Sure, yeah. From XIPERE, you know, as we all know, Bausch + Lomb has launched that product. They've been very active, training more than 1,000 retinal specialists in the U.S. to use XIPERE. We've heard had positive feedback, Bausch has, you know, we're not allowed to step ahead of them and talk about their sales. When they're ready to, they will report on it. I can't give you any insight into Bausch's sales, P&L sales. Then from partnering estimates, we don't give out a revenue forecast, you know, but there are some, you know, licensing milestones, nothing major coming up, I would assume, as some of our partners move into different phases in their clinical study. Sorry, but we don't give a forecast on our partners and milestones, regulatory milestones.
Thank you. My second question is, given the trial design of the ODYSSEY trial and your comments on treatment-naive patients, do you think in real world practice long-lasting wet AMD treatment will ever be used on treatment-naive patients?
On treatment- naive. I think with sufficient. It's why we're going to the group that we're going to first other than treatment- naive. I do think that in eventually, as more data is obtained on ours and other products, I do think that its more extended- duration treatment will become more the norm. Obviously, physicians will work based on data, but as that data is accumulated, I think they will. Now, there's a difference between saying they'll use extended- duration and will they extend the duration of patient visits to the physician's office.

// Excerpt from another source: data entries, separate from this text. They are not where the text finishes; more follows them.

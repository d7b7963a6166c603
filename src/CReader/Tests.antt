-- ===== src/CReader/Tests.antt =====
-- lib/c/reader.c with a buffer of four bytes: runs, and the theorems at them.
use c_cpp_sandbox.Common.{
  ◌≤◌, zero, suc, ℕ, ◌≡◌, refl, false, Option, none, some, List, [], ◌∷◌, ◌++◌, arith, take,
  characters,
}
use c_cpp_sandbox.CReader.{
  Source, Reader, reader_initialize, reader_read_bytes, returned, reader_read_until,
  reader_peek_for_empty_line,
}
use c_cpp_sandbox.CReader.Pending.{IsValid, pending}
use c_cpp_sandbox.CReader.Bytes.{Took, read_bytes-Took}
use c_cpp_sandbox.CReader.Forever.{read_bytes_forever}
use c_cpp_sandbox.CReader.Peek.{peek-Took}
use c_cpp_sandbox.CReader.Chunk.{read_chunk_non_blocking_fd, read_chunk_ends}
use c_cpp_sandbox.CReader.Line.{read_until-Took}

abbrev arriving : Source
arriving = record { chunks = characters "ab\ncd" ∷ characters "e" ∷ []; fails = false }

abbrev new : Reader
new = record {
  fd = arriving;
  buf = 0 ∷ 0 ∷ 0 ∷ 0 ∷ [];
  buf_size = 4;
  cursor = 0;
  bytes_in_buffer = 0;
}

-- The same, when the first four bytes have arrived.
abbrev begun : Reader
begun = record {
  fd = record { chunks = characters "d" ∷ characters "e" ∷ []; fails = false };
  buf = characters "ab\nc";
  buf_size = 4;
  cursor = 0;
  bytes_in_buffer = 4;
}

new-IsValid : IsValid new
new-IsValid = record {
  buffer = refl;
  some_room = omega arith;
  filled = omega arith;
  placed = omega arith;
  arriving = (omega arith, (omega arith, tt));
}

begun-IsValid : IsValid begun
begun-IsValid = record {
  buffer = refl;
  some_room = omega arith;
  filled = omega arith;
  placed = omega arith;
  arriving = (omega arith, (omega arith, tt));
}

abbrev text_of : Option (Option (List ℕ) × Reader) → Option (List ℕ)
text_of o = elim o [ none ↦ none | some p ↦ p.0 ]

read_five : text_of (reader_read_bytes 9 new 5) ≡ some (characters "ab\ncd" ++ (0 ∷ []))
unfolding reader_read_bytes
read_five = refl

starts_empty : pending (reader_initialize (0 ∷ 0 ∷ []) arriving 2) ≡ characters "ab\ncde"
unfolding reader_initialize
starts_empty = refl

read_bytes-Took_example :
    (r' : Reader) × (reader_read_bytes 7 new 5 ≡ some (some (take 5 (pending new) ++ (0 ∷ [])), r'))
    × Took 5 new r'
read_bytes-Took_example =
    read_bytes-Took 7 5 new new-IsValid (omega arith) (omega arith) (omega arith)

read_bytes_forever_example : reader_read_bytes 1000 new 7 ≡ none
read_bytes_forever_example =
    read_bytes_forever 1000 7 new new-IsValid refl (omega arith) (omega arith)

read_until-Took_example :
    (r' : Reader) × (reader_read_until 3 begun 10
      ≡ returned (some (characters "ab" ++ 10 ∷ 0 ∷ [])) r')
    × Took 3 begun r'
read_until-Took_example =
    read_until-Took 3 10 (characters "ab") (characters "c") begun begun-IsValid (omega arith) refl
      ((λ e. omega (arith, e)), ((λ e. omega (arith, e)), tt)) (omega arith)

abbrev blank : Reader
blank = record {
  fd = record { chunks = []; fails = false };
  buf = characters "\r\nxy";
  buf_size = 4;
  cursor = 0;
  bytes_in_buffer = 4;
}

blank-IsValid : IsValid blank
blank-IsValid = record {
  buffer = refl;
  some_room = omega arith;
  filled = omega arith;
  placed = omega arith;
  arriving = tt;
}

peek-Took_example :
    (r' : Reader) × (reader_peek_for_empty_line blank ≡ some (some 1, r')) × Took 2 blank r'
peek-Took_example = peek-Took blank 13 10 (characters "xy") blank-IsValid refl

-- One byte has arrived, and "bc" is on its way.
abbrev one : Reader
one = record {
  fd = record { chunks = characters "bc" ∷ characters "d" ∷ []; fails = false };
  buf = characters "azzz";
  buf_size = 4;
  cursor = 0;
  bytes_in_buffer = 1;
}

-- "ab" comes at once and "cde" in the next turn.
abbrev two_reads : ℕ → List ℕ
two_reads zero = characters "ab"
two_reads (suc zero) = characters "cde"
two_reads (suc (suc i)) = []

abbrev blocks : ℕ → List ℕ
blocks zero = []
blocks (suc n) = 0 ∷ blocks n

two_reads-quiet : (j : ℕ) → 2 ≤ j → two_reads j ≡ []
two_reads-quiet zero h = absurd (omega (arith, h))
two_reads-quiet (suc zero) h = absurd (omega (arith, h))
two_reads-quiet (suc (suc j)) h = refl

read_chunk_ends_example :
    (n : ℕ) × (block : List ℕ) × (read_chunk_non_blocking_fd blocks (λ i. []) 20000 []
      ≡ some (n, block))
read_chunk_ends_example = read_chunk_ends blocks (λ i. []) 20000 [] (omega arith)

-- 'x' has arrived; two ends of lines are on their way.
abbrev ended : Reader
ended = record {
  fd = record { chunks = characters "\n\nz" ∷ []; fails = false };
  buf = characters "xaaa";
  buf_size = 4;
  cursor = 0;
  bytes_in_buffer = 1;
}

I think that I can't really comment on what physician practices would be, but in our estimation, and I think in others' estimation, it's not really going to change significantly the number of times per year a physician wants to see a patient. I think it would with extended- duration as it gets more, as more data is developed, I think it could make a small difference. For example, if patients with wet AMD are being seen monthly, they may go to being seen every other month, and then they may not need to be injected on every visit.
If they're being seen every month and demonstrating stable BCVA and the degree of fluid is holding reasonably stable, maybe they're injected every other visit, so they're being injected four times a year, but only seeing the doctor six times a year but being injected three times a year or two times a year. I do think it will eventually change the practice. In our conversations with KOLs, they're very excited about seeing durations longer than two months. You can see from the uptake of Vabysmo right now, where it has the opportunity to go to every four months, but not the guarantee, because again, like I said earlier, over half their patients needed to be retreated by three months. There's been a tremendous uptake in Vabysmo with that small incremental gain.
I think if you were able to show that with very solid data, that you can dose somebody and maintain stable visual acuity and keep the fluid in the retina under control for four to six months with solid data, I think that will change the treatment paradigm eventually in the physician's office.
Thank you.
Thank you. I would now like to turn it back to Dr. Lasezkay for closing remarks.
I wanna thank everyone for joining us this morning on the call. We appreciate your continued interest in Clearside, and we look forward to updating you on our progress. Operator, you may now disconnect. Thank you.